Adjuvant atezolizumab delays recurrence in early-stage NSCLC patients
medwireNews: People with stage II–IIIA non-small-cell lung cancer (NSCLC) derive a significant disease-free survival (DFS) benefit from adjuvant treatment with atezolizumab versus best supportive care (BSC), according to phase 3 trial results.
“IMpower010 is the first global phase 3 trial using an immune checkpoint inhibitor to show a [DFS] outcome” in this patient population, said the presenting author Heather Wakelee (Stanford University, California, USA) at a press conference for the 2021 ASCO Annual Meeting.
In the study, 1005 patients who had received one to four cycles of adjuvant chemotherapy after complete resection of stage IB–IIIA disease were randomly allocated to receive up to 16 cycles of atezolizumab 1200 mg every 3 weeks or BSC. The median follow-up at data cutoff was 32.8 months.
Heather Wakelee discusses the efficacy and safety data from the IMpower010 study, touching on the cost aspect and outlining the key unanswered questions.

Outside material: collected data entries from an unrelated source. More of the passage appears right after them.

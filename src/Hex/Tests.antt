-- ===== src/Hex/Tests.antt =====
-- Hexadecimal text and 8.3 names.
use hatcher.Base.{◌≡◌, refl, some, [], ◌∷◌}
use hatcher.Hex.{fat_name_from_string}

-- "boot.cfg"
fat_name_run :
    fat_name_from_string (some (b'b' ∷ b'o' ∷ b'o' ∷ b't' ∷ b'.' ∷ b'c' ∷ b'f' ∷ b'g' ∷ []))
    ≡ b'B' ∷ b'O' ∷ b'O' ∷ b'T' ∷ 32 ∷ 32 ∷ 32 ∷ 32 ∷ b'C' ∷ b'F' ∷ b'G' ∷ []
unfolding fat_name_from_string
fat_name_run = refl
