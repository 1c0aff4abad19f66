-- ===== src/Keyboard.antt =====
-- drivers/in/ps2.c, the keyboard: the ring buffer that the interrupt handler fills, the translation
-- of scancodes, and the line that `kgets` edits. A `char` is its byte; all that occur are below 128.
pub mod Queue
pub mod Keys
pub mod Input
mod Tests
use hatcher.Base.{
  ℕ, zero, suc, ◌+◌, ◌-◌, ◌%◌, Bool, true, false, not, Option, none, some, List, [], ◌∷◌, ◌++◌,
  ◌&&◌, ◌||◌, ◌==◌, ltb, leb, if◌then◌else◌, get_or, set, take, u32,
}

-- The file's static variables. `kb_buf` has 128 bytes.
pub record Keyboard : Type 0 where
  pub kb_buf : List ℕ
  pub kb_head : ℕ
  pub kb_tail : ℕ
  pub shift_pressed : Bool
  pub caps_lock : Bool

abbrev pub kb_buf_size : ℕ
kb_buf_size = 128

-- The table's entries up to the last one that is not 0; the entries behind it are 0.
abbrev pub scancode_ascii : List ℕ
scancode_ascii =
    0 ∷ 27 ∷ b'1' ∷ b'2' ∷ b'3' ∷ b'4' ∷ b'5' ∷ b'6' ∷ b'7' ∷ b'8' ∷ b'9' ∷ b'0' ∷ b'-' ∷ b'=' ∷ 8
    ∷ b'\t' ∷ b'q' ∷ b'w' ∷ b'e' ∷ b'r' ∷ b't' ∷ b'y' ∷ b'u' ∷ b'i' ∷ b'o' ∷ b'p' ∷ b'[' ∷ b']'
    ∷ b'\n' ∷ 0 ∷ b'a' ∷ b's' ∷ b'd' ∷ b'f' ∷ b'g' ∷ b'h' ∷ b'j' ∷ b'k' ∷ b'l' ∷ b';' ∷ b'\'' ∷ b'`'
    ∷ 0 ∷ b'\\' ∷ b'z' ∷ b'x' ∷ b'c' ∷ b'v' ∷ b'b' ∷ b'n' ∷ b'm' ∷ b',' ∷ b'.' ∷ b'/' ∷ 0 ∷ b'*' ∷ 0
    ∷ b' ' ∷ []

abbrev pub scancode_ascii_shift : List ℕ
scancode_ascii_shift =
    0 ∷ 27 ∷ b'!' ∷ b'@' ∷ b'#' ∷ b'$' ∷ b'%' ∷ b'^' ∷ b'&' ∷ b'*' ∷ b'(' ∷ b')' ∷ b'_' ∷ b'+' ∷ 8
    ∷ b'\t' ∷ b'Q' ∷ b'W' ∷ b'E' ∷ b'R' ∷ b'T' ∷ b'Y' ∷ b'U' ∷ b'I' ∷ b'O' ∷ b'P' ∷ b'{' ∷ b'}'
    ∷ b'\n' ∷ 0 ∷ b'A' ∷ b'S' ∷ b'D' ∷ b'F' ∷ b'G' ∷ b'H' ∷ b'J' ∷ b'K' ∷ b'L' ∷ b':' ∷ b'"' ∷ b'~'
    ∷ 0 ∷ b'|' ∷ b'Z' ∷ b'X' ∷ b'C' ∷ b'V' ∷ b'B' ∷ b'N' ∷ b'M' ∷ b'<' ∷ b'>' ∷ b'?' ∷ 0 ∷ b'*' ∷ 0
    ∷ b' ' ∷ []

unfoldable pub keyboard_buffer_push : ℕ → Keyboard → Keyboard
keyboard_buffer_push c k =
    let next = u32 (k.kb_head + 1) % kb_buf_size in
    if next == k.kb_tail then k else record k { kb_buf = set k.kb_buf k.kb_head c; kb_head = next }

-- The result is 0 where this is `none`.
unfoldable pub keyboard_buffer_pop : Keyboard → Option ℕ × Keyboard
keyboard_buffer_pop k = if k.kb_head == k.kb_tail then (none, k) else (
  some (get_or k.kb_buf k.kb_tail 0),
  record k { kb_tail = u32 (k.kb_tail + 1) % kb_buf_size },
)

abbrev pub xor : Bool → Bool → Bool
xor true b = not b
xor false b = b

-- The character of a key, from its entries in the two tables.
unfoldable pub translate : Bool → Bool → ℕ → ℕ → ℕ
translate shift caps c c_shift =
    if leb b'a' c && leb c b'z'
    then (if xor shift caps then c - b'a' + b'A' else c)
    else if leb b'A' c && leb c b'Z'
    then (if not (xor shift caps) then c - b'A' + b'a' else c)
    else if shift && not (c_shift == 0)
    then c_shift
    else c

-- `scancode` is what `inb(0x60)` returns.
unfoldable pub keyboard_handler : ℕ → Keyboard → Keyboard
unfolding keyboard_buffer_push translate
keyboard_handler scancode k =
    if scancode == 42 || scancode == 54
    then record k { shift_pressed = true }
    else if scancode == 170 || scancode == 182
    then record k { shift_pressed = false }
    else if scancode == 58
    then record k { caps_lock = not k.caps_lock }
    else if ltb scancode 128
    then (let c =
          translate k.shift_pressed k.caps_lock (get_or scancode_ascii scancode 0)
            (get_or scancode_ascii_shift scancode 0) in
        if c == 0 then k else keyboard_buffer_push c k)
    else k

-- The interrupts that come in one call of `thread_yield`.
unfoldable pub handle_all : List ℕ → Keyboard → Keyboard
unfolding keyboard_handler
handle_all [] k = k
handle_all (scancode ∷ rest) k = handle_all rest (keyboard_handler scancode k)

-- The list holds the scancodes that come in each call of `thread_yield`; `none` if the loop still
-- waits at its end. The rounds that are not used are returned.
unfoldable pub kgetch : List (List ℕ) → Keyboard → Option (ℕ × Keyboard × List (List ℕ))
kgetch [] k = elim (keyboard_buffer_pop k).0 [
  | none ↦ none
  | some c ↦ some (c, (keyboard_buffer_pop k).1, [])
]
kgetch (codes ∷ rounds) k =
    let waited = kgetch rounds (handle_all codes (keyboard_buffer_pop k).1) in
    elim (keyboard_buffer_pop k).0 [
      | none ↦ waited
      | some c ↦ some (c, (keyboard_buffer_pop k).1, codes ∷ rounds)
    ]

-- `buf` and `pos` of `kgets`, and what it has printed.
pub record Line : Type 0 where
  pub buf : List ℕ
  pub pos : ℕ
  pub echo : List ℕ

-- One round of the loop of `kgets` for a character that does not end the line.
unfoldable pub kgets_char : ℕ → Line → Line
kgets_char c l =
    if (c == 8 || c == 127) && ltb 0 l.pos
    then record l { pos = l.pos - 1; echo = l.echo ++ (8 ∷ b' ' ∷ 8 ∷ []) }
    else if leb 32 c && ltb c 127 && ltb l.pos 255
    then record l { buf = set l.buf l.pos c; pos = l.pos + 1; echo = l.echo ++ (c ∷ []) }
    else l

-- The loop, on the characters that `kgetch` returns; `none` if no line end is among them. The static
-- buffer keeps its bytes from one call to the next.
unfoldable pub kgets_loop : List ℕ → Line → Option Line
unfolding kgets_char
kgets_loop [] l = none
kgets_loop (c ∷ input) l =
    let rest = kgets_loop input (kgets_char c l) in
    if c == b'\n' || c == b'\r'
    then some (record l { buf = set l.buf l.pos 0; echo = l.echo ++ (b'\n' ∷ []) })
    else rest

-- The line, up to the NUL that was written at `pos`.
unfoldable pub kgets : List ℕ → List ℕ → Option (List ℕ)
unfolding kgets_loop
kgets buf input = elim (kgets_loop input (record { buf = buf; pos = 0; echo = [] })) [
  | none ↦ none
  | some l ↦ some (take l.pos l.buf)
]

As per the hierarchical statistical testing mandated by the protocol, the researchers initially assessed DFS in participants with stage II–IIIA disease and a tumor cell PD-L1 expression level of at least 1% (using the SP142 assay) and found a significant 34% reduction in the risk for disease recurrence or death with atezolizumab versus BSC.
The median DFS duration was unreached and 35.3 months in the atezolizumab and control groups, respectively, and the DFS rates at 24 months were 74.6% versus 61.0% and at 36 months were 60.0% versus 48.2%.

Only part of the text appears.